Data records Block Start

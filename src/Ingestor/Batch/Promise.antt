-- ===== src/Ingestor/Batch/Promise.antt =====
-- consumer.py: the delivery model of the module's docstring, for one batch.
use agentic_ml_engineering_l.Base.{
  ℕ, ◌+◌, ◌<◌, String, Option, none, some, List, [], ◌∷◌, ◌≡◌, refl, subst, ◌∙◌, Exc,
  kafka_exception, Result, ok, raise, In, All, All-map, arith, inl, inr, ◌⊎◌, ap,
}
use agentic_ml_engineering_l.Base.Dict.{Dict, get}
use agentic_ml_engineering_l.Base.Equality.{string_eq, nat_eq, pair_eq}
use agentic_ml_engineering_l.Db.Upsert.{Holds}
use agentic_ml_engineering_l.Ingestor.{Settings, Message, External, World, Env, Key}
use agentic_ml_engineering_l.Ingestor.Write.{Written}
use agentic_ml_engineering_l.Ingestor.Write.Retry.{Outcome, Ends, stored}
use agentic_ml_engineering_l.Ingestor.Batch.{
  Progress, collect, next_offsets, commit_offsets, process_batch,
}
use agentic_ml_engineering_l.Ingestor.Batch.Handled.{Taken-mono, Handled}
use agentic_ml_engineering_l.Ingestor.Batch.Grows.{Grows, OnReturn, IsReported}
use agentic_ml_engineering_l.Ingestor.Batch.Collect.{Passed, Tracked, collect-Grows, collect-Passed}
use agentic_ml_engineering_l.Ingestor.Batch.Commit.{
  Course, unread, unwritten, written, start, process_batch-Course, Keeps, Holds-store,
  commit_offsets-Keeps,
}

-- The message's offset lies below the one committed for its partition.
abbrev pub BelowAt : List (Key × ℕ) → Option String → Option ℕ → Option ℕ → Type 0
BelowAt offsets (some t) (some k) (some o) = (n : ℕ) × (get (t, k) offsets ≡ some n) × (o < n)
BelowAt offsets _ _ _ = Unit

abbrev pub Below : {B : Type 0} → List (Key × ℕ) → Message B → Type 0
Below offsets m = BelowAt offsets m.topic m.partition m.offset

get-next_offsets :
    (key : Key) (n : ℕ) (d : Dict Key ℕ)
    → get key d ≡ some n
    → get key (next_offsets d) ≡ some (n + 1)
unfolding get next_offsets
get-next_offsets key n [] e = cc
get-next_offsets key n ((j, m) ∷ d) e = ground (arith, get-next_offsets key n d)

module _ {B R D T : Type 0} (x : External B R D T) (s : Settings) (env : Env) where
  -- What the loop has done of every message, where it returned.
  pub All-Passed :
      (batch : List (Message B)) (w : World T) (p : Progress R D T)
      → collect x s env batch (start x s env w) ≡ (ok tt, p)
      → All (Passed x s env p) batch
  All-Passed batch w p h =
      subst (OnReturn (λ q. All (Passed x s env q) batch)) h
        (collect-Passed x s env batch (start x s env w))

  module _ (batch : List (Message B)) (w : World T) (p : Progress R D T) (r : Written T)
      (h : collect x s env batch (start x s env w) ≡ (ok tt, p))
      (o : Outcome x s env p.features_rows p.labels_rows p.world r) (e : r.result ≡ ok tt) where
    passed : All (Passed x s env p) batch
    passed = All-Passed batch w p h

    pub grown : Grows (start x s env w) p
    grown =
        subst (λ (c : Result (Unit {0}) × Progress R D T). Grows (start x s env w) c.1) h
          (collect-Grows x s env batch (start x s env w))

    pub tables_stored : r.world.tables ≡ stored x p.features_rows p.labels_rows p.world.tables
    tables_stored = subst (Ends x s env p.features_rows p.labels_rows p.world r) e o.ends

    -- What the loop staged, the write stored, and the commit left.
    All-Handled : (v : World T) → Keeps r.world v → All (Handled x s v) batch
    All-Handled v k =
        let t = k.tables ∙ tables_stored in
        All-map (Passed x s env p) (Handled x s v) batch
          (λ m c.
            Taken-mono x s (λ a. In a p.features_rows) (λ a. In a p.labels_rows)
              (Holds x.landing v.tables.features) (Holds x.landing v.tables.labels) p.world.dlq
              v.dlq (λ a i. rw t (Holds-store x s env p.features_rows p.world.tables.features a i))
              (λ a i. rw t (Holds-store x s env p.labels_rows p.world.tables.labels a i))
              (λ d i. rw (k.dlq ∙ o.rest.dlq) i) m c.0)
          passed

    All-Below : All (Below (next_offsets p.max_offset)) batch
    All-Below =
        All-map (Passed x s env p) (Below (next_offsets p.max_offset)) batch
          (λ m c. position_below m.topic m.partition m.offset c.1) passed
      where
        position_below :
            (t : Option String) (k i : Option ℕ)
            → Tracked x s env p t k i
            → BelowAt (next_offsets p.max_offset) t k i
        position_below (some t) (some k) (some i) (n, q, l) =
            (n + 1, get-next_offsets (t, k) n p.max_offset q, omega arith)
        position_below none k i c = tt
        position_below (some t) none i c = tt
        position_below (some t) (some k) none c = tt

    commits_before : r.world.commits ≡ w.commits
    commits_before = o.rest.commits ∙ grown.commits

  commit_offsets_commits :
      (offsets : List (Key × ℕ)) (error : Option Exc) (w : World T)
      → ((commit_offsets offsets error w).1.commits ≡ w.commits)
        ⊎ (((commit_offsets offsets error w).1.commits ≡ offsets ∷ w.commits)
            × ((commit_offsets offsets error w).1.last_commit_error ≡ none))
  unfolding commit_offsets
  commit_offsets_commits offsets none w = inr (refl, refl)
  commit_offsets_commits offsets (some (kafka_exception text)) w = inl refl
  commit_offsets_commits offsets (some _) w = inl refl

  -- Either the broker has no new offsets, or it has one new set of offsets, and then every message
  -- of the batch is handled and lies below the offset of its partition.
  abbrev pub Promise : List (Message B) → World T → World T → Type 0
  Promise batch w v =
      (v.commits ≡ w.commits)
      ⊎ ((offsets : List (Key × ℕ)) × (v.commits ≡ offsets ∷ w.commits)
          × (v.last_commit_error ≡ none)
          × All (Handled x s v) batch
          × All (Below offsets) batch)

  Course-Promise :
      (batch : List (Message B)) (w : World T) {c : Option (Result (Unit {0}) × World T)}
      → Course x s env batch w c
      → (a : Result (Unit {0})) × (v : World T) × (c ≡ some (a, v)) × Promise batch w v
  Course-Promise batch w (unread e p h) = (
    raise e,
    p.world,
    refl,
    inl
        (subst (λ (c : Result (Unit {0}) × Progress R D T). Grows (start x s env w) c.1) h
          (collect-Grows x s env batch (start x s env w))).commits,
  )
  Course-Promise batch w (unwritten e p r h o q) = (
    raise e,
    r.world,
    refl,
    inl (
        o.rest.commits
        ∙ (subst (λ (c : Result (Unit {0}) × Progress R D T). Grows (start x s env w) c.1) h
            (collect-Grows x s env batch (start x s env w))).commits),
  )
  Course-Promise batch w (written p r h o q) =
      let offsets = next_offsets p.max_offset in
      let before = commits_before batch w p r h o q in
      (
        _,
        _,
        refl,
        elim (commit_offsets_commits offsets env.commit_error r.world) [
          | inl c ↦ inl (c ∙ before)
          | inr (c, cleared) ↦ inr (
            offsets,
            c ∙ ap (◌∷◌ offsets) before,
            cleared,
            All-Handled batch w p r h o q _
                (commit_offsets-Keeps x s env offsets env.commit_error r.world),
            All-Below batch w p r h o q,
          )
        ],
      )

  pub Course-IsReported :
      (batch : List (Message B)) (w : World T) {c : Option (Result (Unit {0}) × World T)}
      → Course x s env batch w c
      → IsReported w
      → (a : Result (Unit {0})) (v : World T) → c ≡ some (a, v)
      → IsReported v
  Course-IsReported batch w {c} course h a v e = subst Final e (final course)
    where
      Final : Option (Result (Unit {0}) × World T) → Type 0
      Final none = Unit
      Final (some (b, u)) = IsReported u

      collected :
          (r : Result (Unit {0})) (p : Progress R D T)
          → collect x s env batch (start x s env w) ≡ (r, p)
          → IsReported p.world
      collected r p q =
          (subst (λ (d : Result (Unit {0}) × Progress R D T). Grows (start x s env w) d.1) q
              (collect-Grows x s env batch (start x s env w))).reported
            h

      final : {d : Option (Result (Unit {0}) × World T)} → Course x s env batch w d → Final d
      final (unread f p q) = collected _ p q
      final (unwritten f p r q o z) = rw (o.rest.dlq, o.rest.reports) (collected _ p q)
      final (written p r q o z) =
          let k =
            commit_offsets-Keeps x s env (next_offsets p.max_offset) env.commit_error r.world in
          rw (k.dlq, k.reports, o.rest.dlq, o.rest.reports) (collected _ p q)

  pub process_batch_promises :
      (batch : List (Message B)) (w : World T)
      → (a : Result (Unit {0})) × (v : World T) × (process_batch x s env batch w ≡ some (a, v))
        × Promise batch w v
  process_batch_promises batch w = Course-Promise batch w (process_batch-Course x s env batch w)

  -- Whatever the libraries' calls raise, a batch whose calls all return or raise ends. Offsets are
  -- committed only after every message of the batch that has a topic, a partition and an offset (the
  -- others are skipped) has its row in the database, or has been handed to the producer as a dead
  -- letter; and only with offsets above each of these messages. Where each dead letter before has a
  -- report of its delivery, possibly that it failed, each one after has one.
  pub process_batch-Promise :
      (batch : List (Message B)) (w : World T)
      → IsReported w
      → (a : Result (Unit {0})) × (v : World T) × (process_batch x s env batch w ≡ some (a, v))
        × Promise batch w v
        × IsReported v
  process_batch-Promise batch w h =
      let course = process_batch-Course x s env batch w in
      let (a, v, e, promise) = Course-Promise batch w course in
      (a, v, e, promise, Course-IsReported batch w course h a v e)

Data records Block End

#### The problem:
The expected result is a copy of each line in the records where "Keeps" appears.

#### Solved problem:
  Course, unread, unwritten, written, start, process_batch-Course, Keeps, Holds-store,
  commit_offsets-Keeps,
    All-Handled : (v : World T) → Keeps r.world v → All (Handled x s v) batch
                (commit_offsets-Keeps x s env offsets env.commit_error r.world),
            commit_offsets-Keeps x s env (next_offsets p.max_offset) env.commit_error r.world in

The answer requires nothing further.